*WHAT IS BEING ASKED*.
Below are records; copy every line among them that contains the word "fault".

*DATASET RECORDS*.
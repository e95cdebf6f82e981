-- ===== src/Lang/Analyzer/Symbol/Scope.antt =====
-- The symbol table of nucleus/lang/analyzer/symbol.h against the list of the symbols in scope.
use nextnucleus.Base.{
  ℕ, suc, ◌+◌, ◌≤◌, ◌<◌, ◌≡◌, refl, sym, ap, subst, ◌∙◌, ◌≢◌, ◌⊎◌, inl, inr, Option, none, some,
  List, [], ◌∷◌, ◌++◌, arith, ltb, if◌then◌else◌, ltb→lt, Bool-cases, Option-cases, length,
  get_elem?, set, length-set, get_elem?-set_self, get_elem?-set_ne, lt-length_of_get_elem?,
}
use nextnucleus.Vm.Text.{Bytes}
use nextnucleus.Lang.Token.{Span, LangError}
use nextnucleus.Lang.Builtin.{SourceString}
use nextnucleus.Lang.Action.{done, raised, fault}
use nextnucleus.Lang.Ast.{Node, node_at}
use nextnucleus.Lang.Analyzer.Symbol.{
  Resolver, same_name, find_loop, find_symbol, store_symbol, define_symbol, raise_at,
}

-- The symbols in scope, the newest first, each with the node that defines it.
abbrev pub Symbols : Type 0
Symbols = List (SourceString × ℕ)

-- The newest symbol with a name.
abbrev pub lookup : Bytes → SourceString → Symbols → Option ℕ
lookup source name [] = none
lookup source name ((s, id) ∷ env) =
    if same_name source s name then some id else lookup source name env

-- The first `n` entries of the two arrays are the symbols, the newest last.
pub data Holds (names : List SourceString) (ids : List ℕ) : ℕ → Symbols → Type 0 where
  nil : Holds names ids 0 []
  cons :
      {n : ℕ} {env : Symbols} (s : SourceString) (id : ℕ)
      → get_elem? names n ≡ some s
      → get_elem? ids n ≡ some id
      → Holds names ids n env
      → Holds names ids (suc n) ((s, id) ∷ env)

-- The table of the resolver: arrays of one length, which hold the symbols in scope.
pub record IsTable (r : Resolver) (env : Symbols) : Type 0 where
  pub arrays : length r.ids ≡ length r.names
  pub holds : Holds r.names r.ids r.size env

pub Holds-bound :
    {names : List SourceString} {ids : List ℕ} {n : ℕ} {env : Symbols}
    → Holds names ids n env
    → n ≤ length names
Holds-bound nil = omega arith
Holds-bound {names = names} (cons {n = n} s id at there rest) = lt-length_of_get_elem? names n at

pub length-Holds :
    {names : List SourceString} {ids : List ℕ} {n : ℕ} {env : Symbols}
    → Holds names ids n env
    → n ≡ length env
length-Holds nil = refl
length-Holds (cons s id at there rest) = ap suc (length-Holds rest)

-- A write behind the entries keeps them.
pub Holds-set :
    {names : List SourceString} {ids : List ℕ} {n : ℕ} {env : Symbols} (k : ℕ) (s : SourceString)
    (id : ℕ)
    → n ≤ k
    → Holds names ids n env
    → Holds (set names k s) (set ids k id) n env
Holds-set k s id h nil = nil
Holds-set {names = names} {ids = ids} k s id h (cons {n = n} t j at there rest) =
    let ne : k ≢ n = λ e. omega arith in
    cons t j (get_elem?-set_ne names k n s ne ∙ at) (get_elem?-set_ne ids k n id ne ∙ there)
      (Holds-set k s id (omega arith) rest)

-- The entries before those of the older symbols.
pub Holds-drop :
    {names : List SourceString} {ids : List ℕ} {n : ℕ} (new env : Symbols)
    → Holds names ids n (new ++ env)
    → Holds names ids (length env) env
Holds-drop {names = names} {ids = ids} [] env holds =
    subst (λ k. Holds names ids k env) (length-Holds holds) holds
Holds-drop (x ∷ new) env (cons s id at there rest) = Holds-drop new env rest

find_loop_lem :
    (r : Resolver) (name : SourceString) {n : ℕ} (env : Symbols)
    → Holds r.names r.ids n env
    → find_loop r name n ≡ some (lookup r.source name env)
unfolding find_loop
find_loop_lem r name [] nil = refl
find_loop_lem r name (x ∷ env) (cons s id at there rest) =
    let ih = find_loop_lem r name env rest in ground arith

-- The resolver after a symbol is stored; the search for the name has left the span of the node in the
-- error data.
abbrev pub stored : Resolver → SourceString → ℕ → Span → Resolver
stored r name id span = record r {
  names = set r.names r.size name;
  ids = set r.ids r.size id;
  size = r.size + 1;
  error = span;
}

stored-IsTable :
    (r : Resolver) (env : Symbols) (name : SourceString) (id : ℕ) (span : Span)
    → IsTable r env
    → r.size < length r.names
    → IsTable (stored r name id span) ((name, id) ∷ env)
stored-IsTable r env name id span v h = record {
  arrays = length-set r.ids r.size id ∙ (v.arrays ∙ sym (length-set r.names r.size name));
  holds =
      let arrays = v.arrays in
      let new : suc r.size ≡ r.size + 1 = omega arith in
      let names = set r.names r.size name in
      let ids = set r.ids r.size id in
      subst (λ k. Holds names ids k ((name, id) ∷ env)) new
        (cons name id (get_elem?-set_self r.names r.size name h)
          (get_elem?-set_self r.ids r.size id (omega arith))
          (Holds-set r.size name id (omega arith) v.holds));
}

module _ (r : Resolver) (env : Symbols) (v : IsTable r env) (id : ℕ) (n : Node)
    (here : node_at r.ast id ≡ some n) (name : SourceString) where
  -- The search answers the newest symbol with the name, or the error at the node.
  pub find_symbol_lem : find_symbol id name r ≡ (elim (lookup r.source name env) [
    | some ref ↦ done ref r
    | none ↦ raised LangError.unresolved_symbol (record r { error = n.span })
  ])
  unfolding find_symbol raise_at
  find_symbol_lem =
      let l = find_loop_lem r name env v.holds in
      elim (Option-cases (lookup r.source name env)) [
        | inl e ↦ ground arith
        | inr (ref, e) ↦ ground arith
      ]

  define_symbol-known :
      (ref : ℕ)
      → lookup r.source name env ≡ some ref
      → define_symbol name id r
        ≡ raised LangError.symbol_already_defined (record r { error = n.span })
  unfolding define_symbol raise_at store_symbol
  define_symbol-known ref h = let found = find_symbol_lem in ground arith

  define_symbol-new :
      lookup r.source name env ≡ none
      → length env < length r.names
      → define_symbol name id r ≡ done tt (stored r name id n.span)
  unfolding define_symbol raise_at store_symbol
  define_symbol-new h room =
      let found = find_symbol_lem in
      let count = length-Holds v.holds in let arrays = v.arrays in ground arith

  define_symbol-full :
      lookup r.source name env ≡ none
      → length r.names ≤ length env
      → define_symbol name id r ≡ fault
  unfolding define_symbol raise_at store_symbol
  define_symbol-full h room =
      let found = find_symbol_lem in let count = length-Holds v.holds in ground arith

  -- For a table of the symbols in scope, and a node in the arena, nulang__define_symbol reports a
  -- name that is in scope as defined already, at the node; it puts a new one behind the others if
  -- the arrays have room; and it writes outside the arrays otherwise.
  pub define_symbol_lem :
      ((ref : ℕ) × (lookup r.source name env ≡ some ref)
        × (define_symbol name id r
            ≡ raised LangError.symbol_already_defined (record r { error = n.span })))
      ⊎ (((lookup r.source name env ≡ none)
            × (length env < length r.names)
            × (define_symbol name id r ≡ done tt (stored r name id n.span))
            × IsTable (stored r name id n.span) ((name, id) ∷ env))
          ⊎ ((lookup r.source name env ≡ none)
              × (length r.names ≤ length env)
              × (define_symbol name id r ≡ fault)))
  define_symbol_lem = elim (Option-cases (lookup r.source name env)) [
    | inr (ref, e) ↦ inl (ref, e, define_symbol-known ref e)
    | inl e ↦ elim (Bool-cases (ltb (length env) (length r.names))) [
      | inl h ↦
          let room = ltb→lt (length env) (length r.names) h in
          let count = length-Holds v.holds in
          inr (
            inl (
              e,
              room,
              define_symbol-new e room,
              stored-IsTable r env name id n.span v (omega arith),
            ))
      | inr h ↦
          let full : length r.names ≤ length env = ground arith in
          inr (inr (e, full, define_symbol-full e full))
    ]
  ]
---
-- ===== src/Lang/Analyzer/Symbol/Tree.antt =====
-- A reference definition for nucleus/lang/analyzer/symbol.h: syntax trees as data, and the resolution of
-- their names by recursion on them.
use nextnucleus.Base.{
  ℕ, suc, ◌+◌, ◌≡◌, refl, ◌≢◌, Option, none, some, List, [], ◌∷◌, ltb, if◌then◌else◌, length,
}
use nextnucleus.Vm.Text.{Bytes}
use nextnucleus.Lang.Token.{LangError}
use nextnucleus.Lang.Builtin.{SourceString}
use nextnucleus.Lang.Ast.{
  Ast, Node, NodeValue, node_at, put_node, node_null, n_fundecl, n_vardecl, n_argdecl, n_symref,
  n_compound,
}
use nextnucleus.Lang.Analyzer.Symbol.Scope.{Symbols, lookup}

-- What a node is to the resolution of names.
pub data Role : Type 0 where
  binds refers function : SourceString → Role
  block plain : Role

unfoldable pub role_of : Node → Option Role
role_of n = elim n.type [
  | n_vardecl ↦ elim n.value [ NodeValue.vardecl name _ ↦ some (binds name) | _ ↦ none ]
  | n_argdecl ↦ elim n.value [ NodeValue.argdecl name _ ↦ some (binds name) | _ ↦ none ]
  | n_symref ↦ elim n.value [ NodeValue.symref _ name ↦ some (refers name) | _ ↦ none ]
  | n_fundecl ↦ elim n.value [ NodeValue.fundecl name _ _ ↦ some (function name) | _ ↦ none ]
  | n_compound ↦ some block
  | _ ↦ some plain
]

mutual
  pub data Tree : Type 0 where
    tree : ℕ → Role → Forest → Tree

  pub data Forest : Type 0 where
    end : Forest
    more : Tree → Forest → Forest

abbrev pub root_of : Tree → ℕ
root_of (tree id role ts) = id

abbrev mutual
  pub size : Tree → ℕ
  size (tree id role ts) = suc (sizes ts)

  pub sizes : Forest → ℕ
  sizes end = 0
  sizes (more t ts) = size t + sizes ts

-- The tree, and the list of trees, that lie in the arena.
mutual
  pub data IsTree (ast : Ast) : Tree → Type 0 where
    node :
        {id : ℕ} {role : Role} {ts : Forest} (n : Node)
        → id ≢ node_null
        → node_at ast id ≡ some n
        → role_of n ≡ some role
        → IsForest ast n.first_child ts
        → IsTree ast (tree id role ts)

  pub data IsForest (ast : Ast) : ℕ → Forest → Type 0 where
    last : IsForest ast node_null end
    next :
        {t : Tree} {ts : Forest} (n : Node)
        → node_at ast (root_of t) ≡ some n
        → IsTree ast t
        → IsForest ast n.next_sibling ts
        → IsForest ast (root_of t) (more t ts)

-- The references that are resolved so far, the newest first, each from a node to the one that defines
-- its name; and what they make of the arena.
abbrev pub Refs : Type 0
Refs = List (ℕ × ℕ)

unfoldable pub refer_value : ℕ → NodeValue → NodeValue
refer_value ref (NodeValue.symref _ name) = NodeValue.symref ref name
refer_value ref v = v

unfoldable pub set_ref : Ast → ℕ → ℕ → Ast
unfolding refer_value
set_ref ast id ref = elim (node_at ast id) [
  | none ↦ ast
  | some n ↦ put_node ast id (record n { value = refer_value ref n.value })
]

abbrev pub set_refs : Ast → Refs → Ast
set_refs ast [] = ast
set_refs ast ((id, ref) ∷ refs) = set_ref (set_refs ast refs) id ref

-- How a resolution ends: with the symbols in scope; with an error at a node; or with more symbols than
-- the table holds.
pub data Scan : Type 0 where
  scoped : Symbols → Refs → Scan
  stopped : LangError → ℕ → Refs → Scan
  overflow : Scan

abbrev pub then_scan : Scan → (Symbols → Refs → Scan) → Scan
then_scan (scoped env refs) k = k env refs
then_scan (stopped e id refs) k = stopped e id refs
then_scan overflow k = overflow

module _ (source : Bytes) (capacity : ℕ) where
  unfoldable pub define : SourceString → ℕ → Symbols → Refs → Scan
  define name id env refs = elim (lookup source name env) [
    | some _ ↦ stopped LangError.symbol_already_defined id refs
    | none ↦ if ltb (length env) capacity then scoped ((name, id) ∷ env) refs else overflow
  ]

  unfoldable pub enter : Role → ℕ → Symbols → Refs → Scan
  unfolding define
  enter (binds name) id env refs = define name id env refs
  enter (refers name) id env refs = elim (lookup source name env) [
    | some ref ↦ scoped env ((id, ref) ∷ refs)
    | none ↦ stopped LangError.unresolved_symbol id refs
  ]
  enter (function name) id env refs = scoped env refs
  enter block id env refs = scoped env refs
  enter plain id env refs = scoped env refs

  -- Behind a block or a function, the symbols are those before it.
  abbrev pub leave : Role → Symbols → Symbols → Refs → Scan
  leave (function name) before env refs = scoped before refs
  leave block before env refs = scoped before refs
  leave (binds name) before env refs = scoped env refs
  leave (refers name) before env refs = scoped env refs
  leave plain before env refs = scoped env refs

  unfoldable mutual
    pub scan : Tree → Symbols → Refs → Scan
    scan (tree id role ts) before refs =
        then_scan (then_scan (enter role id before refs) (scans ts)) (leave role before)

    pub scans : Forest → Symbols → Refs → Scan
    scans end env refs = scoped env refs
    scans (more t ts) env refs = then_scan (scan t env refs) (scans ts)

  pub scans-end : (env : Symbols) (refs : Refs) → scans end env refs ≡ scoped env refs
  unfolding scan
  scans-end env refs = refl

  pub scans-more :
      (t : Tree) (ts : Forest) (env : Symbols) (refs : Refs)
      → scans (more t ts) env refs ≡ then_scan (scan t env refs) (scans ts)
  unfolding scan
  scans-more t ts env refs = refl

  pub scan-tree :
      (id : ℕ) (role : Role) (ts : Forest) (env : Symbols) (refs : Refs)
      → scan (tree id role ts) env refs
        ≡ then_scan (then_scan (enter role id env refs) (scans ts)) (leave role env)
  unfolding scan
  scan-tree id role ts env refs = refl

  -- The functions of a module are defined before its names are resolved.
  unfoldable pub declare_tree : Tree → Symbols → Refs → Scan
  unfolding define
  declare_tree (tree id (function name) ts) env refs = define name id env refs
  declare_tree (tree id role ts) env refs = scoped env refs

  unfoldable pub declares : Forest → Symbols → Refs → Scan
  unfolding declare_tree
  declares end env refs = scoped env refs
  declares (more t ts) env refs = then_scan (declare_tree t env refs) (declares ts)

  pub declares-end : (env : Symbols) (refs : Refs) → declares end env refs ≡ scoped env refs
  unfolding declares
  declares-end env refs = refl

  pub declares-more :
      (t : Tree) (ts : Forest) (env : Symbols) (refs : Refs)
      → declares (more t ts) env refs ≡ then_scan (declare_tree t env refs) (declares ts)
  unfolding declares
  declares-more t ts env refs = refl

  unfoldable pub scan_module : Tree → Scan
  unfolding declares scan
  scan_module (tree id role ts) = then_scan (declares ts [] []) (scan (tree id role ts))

*FINISHED EXERCISE*.
use nextnucleus.Lang.Action.{done, raised, fault}
      → define_symbol name id r ≡ fault
              × (define_symbol name id r ≡ fault)))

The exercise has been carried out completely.